Patents (i.e. sequences of patent moves) usually change very gradually, even though individual moves change abruptly. Change in patent move structure does sometime plateau and the rate of change does sometimes change, but overall the change is clearly gradual. So therefore it would seem that despite the abruptness, the individual moves fall in and out of usage at different points in time, leading to gradual overall change.
So in general, it would appear that these results support a gradual evolution theory of patent move structure evolution, but also that somewhat counter-intuitively this gradual overall evolution is driven by very sudden changes at the individual move level.

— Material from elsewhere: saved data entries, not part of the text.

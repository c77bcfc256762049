-- ===== src/Patch/Tests.antt =====
-- Patches at concrete inputs.
use codeng.Prelude.{reverse, ◌≤◌, true, false, Option, some, List, [], ◌∷◌, ◌++◌, ◌≡◌, refl}
use codeng.Prelude.Texts
use codeng.Patch.Script.{Script, kept, changed, chunk_of, old_side, new_side}
use codeng.Patch.Exact.{patched_at, patched_at-script}
use codeng.Patch.Bounds.{find_chunk_linear-within}
use codeng.Patch.Fuel.{find_rounds-enough}
use codeng.Patch.Order.{sort_located-locate_chunks}
use codeng.Patch.Report.{process_patch-unreported}
use codeng.Patch.Locate.{locate_chunks, nothing_located, sort_located, starts_fall}
use codeng.Patch.Find.{find_rounds, ended}
use codeng.Patch.Apply.{FileSystem, process_patch}
use codeng.Prelude.Strings.{codes, join_lines}
use codeng.Prelude.{arith, map, none}
use codeng.Patch.Data.{update, PatchAction}
use codeng.Patch.Chunk.{is_blankish_line}
use codeng.Patch.Section.{new_chunk, anchor_item}
use codeng.Patch.Parse.{start_state, parse_lines}
use codeng.Patch.Script.{items_of, edits_of}
use codeng.Patch.Pushed.{push_script, IsSeparated}
use codeng.Patch.Printed.{printed, IsPrintable, within, parse_lines-push_script}
use codeng.Workflow.Data.{Text}
use codeng.Patch.Data.{Commit}
use codeng.Patch.Parse.{parse_v4a_patch}
use codeng.Patch.Build.{build_commits}
use codeng.Patch.Find.{find_chunk_linear}

-- one update of the file `f` with these lines
abbrev patch_text : List Text → Text
unfolding join_lines
patch_text section =
    join_lines (
      codes "*** Begin Patch"
      ∷ codes "*** Update File: f"
      ∷ (section ++ codes "*** End Patch" ∷ []))

abbrev new_contents : List Commit → List (Option Text)
new_contents [] = []
new_contents ([] ∷ cs) = new_contents cs
new_contents (((path, c) ∷ rest) ∷ cs) = c.new_content ∷ new_contents (rest ∷ cs)

-- what the file becomes
abbrev patched : List Text → List Text → List (Option Text)
unfolding parse_v4a_patch build_commits join_lines
patched section file =
    let files : List (Text × Text) = (codes "f", join_lines file) ∷ [] in
    new_contents (build_commits (parse_v4a_patch (patch_text section)).0 files).commits

abbrev lines_of : List Text → List (Option Text)
unfolding join_lines
lines_of ls = some (join_lines ls) ∷ []

-- a line is replaced behind its anchor
replace_line :
    patched
      (codes "@@ def a" ∷ codes " x" ∷ codes "-y" ∷ codes "+z" ∷ codes " w" ∷ [])
      (codes "x" ∷ codes "y" ∷ codes "w" ∷ codes "def a" ∷ codes "x" ∷ codes "y" ∷ codes "w" ∷ [])
    ≡ lines_of
        (codes "x" ∷ codes "y" ∷ codes "w" ∷ codes "def a" ∷ codes "x" ∷ codes "z" ∷ codes "w" ∷ [])
unfolding lines_of patched Texts.put Texts.get
replace_line = refl

-- Where blank lines are passed over before the items 1 and 3 of the pattern, an insertion at 2 comes
-- one line late.
insert_late :
    patched
      (codes " a" ∷ codes " b" ∷ codes "+x" ∷ codes " c" ∷ codes " d" ∷ [])
      (codes "a" ∷ [] ∷ codes "b" ∷ codes "c" ∷ [] ∷ codes "d" ∷ [])
    ≡ lines_of (codes "a" ∷ [] ∷ codes "b" ∷ codes "c" ∷ codes "x" ∷ [] ∷ codes "d" ∷ [])
unfolding lines_of patched Texts.put Texts.get
insert_late = refl

-- of two anchors in a row the first is lost
stacked_anchors :
    patched
      (codes "@@ class B" ∷ codes "@@ def a" ∷ codes "-y" ∷ codes "+z" ∷ [])
      (codes "def a" ∷ codes "y" ∷ codes "class B" ∷ codes "def a" ∷ codes "y" ∷ [])
    ≡ lines_of (codes "def a" ∷ codes "z" ∷ codes "class B" ∷ codes "def a" ∷ codes "y" ∷ [])
unfolding lines_of patched Texts.put Texts.get
stacked_anchors = refl

abbrev script : Script
script =
    kept (codes "x") ∷ changed (codes "y" ∷ []) (codes "z" ∷ codes "u" ∷ []) ∷ kept (codes "w") ∷ []

patched_at-script_example :
    patched_at (codes "v" ∷ (old_side script ++ codes "end" ∷ [])) (chunk_of script) 1
    ≡ some (codes "v" ∷ (new_side script ++ codes "end" ∷ []))
patched_at-script_example = patched_at-script script (codes "v" ∷ []) (codes "end" ∷ [])

abbrev file : List Text
file = codes "x" ∷ codes "y" ∷ [] ∷ codes "w" ∷ codes "x" ∷ codes "y" ∷ codes "w" ∷ []

find_chunk_linear-within_example : (2 ≤ 4) × (4 ≤ 7) × (7 ≤ 7)
unfolding chunk_of find_chunk_linear
find_chunk_linear-within_example =
    find_chunk_linear-within file (chunk_of script) 2 4 7
      (codes "x" ∷ codes "z" ∷ codes "u" ∷ codes "w" ∷ []) refl

find_rounds-enough_example :
    find_rounds 7 file (chunk_of script) 5 ≡ ended (find_chunk_linear file (chunk_of script) 5)
find_rounds-enough_example = find_rounds-enough 5 file (chunk_of script) 5

sort_located-locate_chunks_example :
    let found =
      reverse
        (locate_chunks file
          (codes "f")
          (chunk_of script ∷ chunk_of script ∷ [])
          nothing_located).located in
    (starts_fall found ≡ false) × (sort_located found ≡ found)
sort_located-locate_chunks_example =
    sort_located-locate_chunks file (codes "f") (chunk_of script ∷ chunk_of script ∷ [])

-- files as a dictionary, on which every call succeeds
abbrev Files : Type 0
Files = List (Text × Text)

abbrev memory : FileSystem Files
unfolding Texts.get Texts.put
memory = record {
  open_fn = Texts.get;
  write_fn = λ path t disk. (true, Texts.put path t disk);
  delete_fn = λ path disk. (true, Texts.put path [] disk);
}

-- the only block is not in the file
abbrev misses : Text
misses = patch_text (codes "-q" ∷ codes "+r" ∷ [])

abbrev disk : Files
unfolding join_lines
disk = (codes "f", join_lines file) ∷ []

process_patch-unreported_example : (process_patch memory misses false disk).disk ≡ disk
unfolding process_patch memory patch_text disk
process_patch-unreported_example = process_patch-unreported memory misses false disk refl

script-IsPrintable : IsPrintable script
unfolding IsPrintable is_blankish_line
script-IsPrintable = (λ h. absurd (ground arith), (λ h. absurd (ground arith), tt))

script-IsSeparated : IsSeparated script
unfolding IsSeparated
script-IsSeparated = (tt, tt, tt)

abbrev empty_action : PatchAction
empty_action = record { type = update; chunks = []; move_path = none }

parse_lines-push_script_example :
    (parse_lines 3
        (printed script)
        (within (start_state []) (codes "f") empty_action (new_chunk 3 (codes "def a" ∷ [])))
      ≡ within
          (start_state [])
          (codes "f")
          empty_action
          (push_script script (new_chunk 3 (codes "def a" ∷ []))))
    × ((push_script script (new_chunk 3 (codes "def a" ∷ []))).chunk ≡ record {
      items = map anchor_item (codes "def a" ∷ []) ++ items_of script;
      edits = edits_of 0 script;
      start_line = some 3;
    })
parse_lines-push_script_example =
    parse_lines-push_script (start_state []) (codes "f") empty_action script (codes "def a" ∷ []) 3
      3 script-IsPrintable script-IsSeparated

That connection is surprising and doesn’t like it should necessarily be the case: a bunch of gradually change in the use of individual move usage would presumably result in a gradual overall change as well.
What is remarkable is that given these abrupt changes on the individual move level do not result (pretty much ever) in abrupt changes on the overall move sequence level. It seems like there are external pressures here (e.g. functional pressure to have patents change in response to technological and legal changes while still keeping patents comprehensible and consistent) to make abrupt changes but not make too many abrupt changes at once.
The main limitation right now is that we are only looking at one patent per year. Specifically, would the abrupt individual move changes hold if we had multiple patents per year? We’d probably see something more gradual within years, but the consistency of the result over so many different moves right now suggests nothing major would change.
In addition to including more patents per year, which would lead to some fairly major changes in the analysis presented in this document. there are lots of additional analysis that can be done:
Look at how the position of individual moves changes over time. Right now the individual move analysis ignores position. So it would be interesting to see, for example, if the position of moves tend to change early or late in their life cycles.
Do a multiple correspondence analysis of the binary move matrix. That would give us back a result a lot like a Biber-style MDA analysis – a series of Dimensions identifying moves that tend to occur together (or tend not to occur together) in the same patent (ignoring order). We could then plot these over time.
Look at n-grams of move sequences and repeat the analyses in Section 4.2, as well as multiple correspondence analysis described above.
The multivariate analysis can be refined in various ways, including the visualisations and interpretation. The clusters should be plotted onto the MDS graph, and the clustering of years in both analyses should be explored. The cluster analysis could also be done in some way that guarantees that clusters don’t overlap temporally (perhaps see the work by Gries and Hilpert)?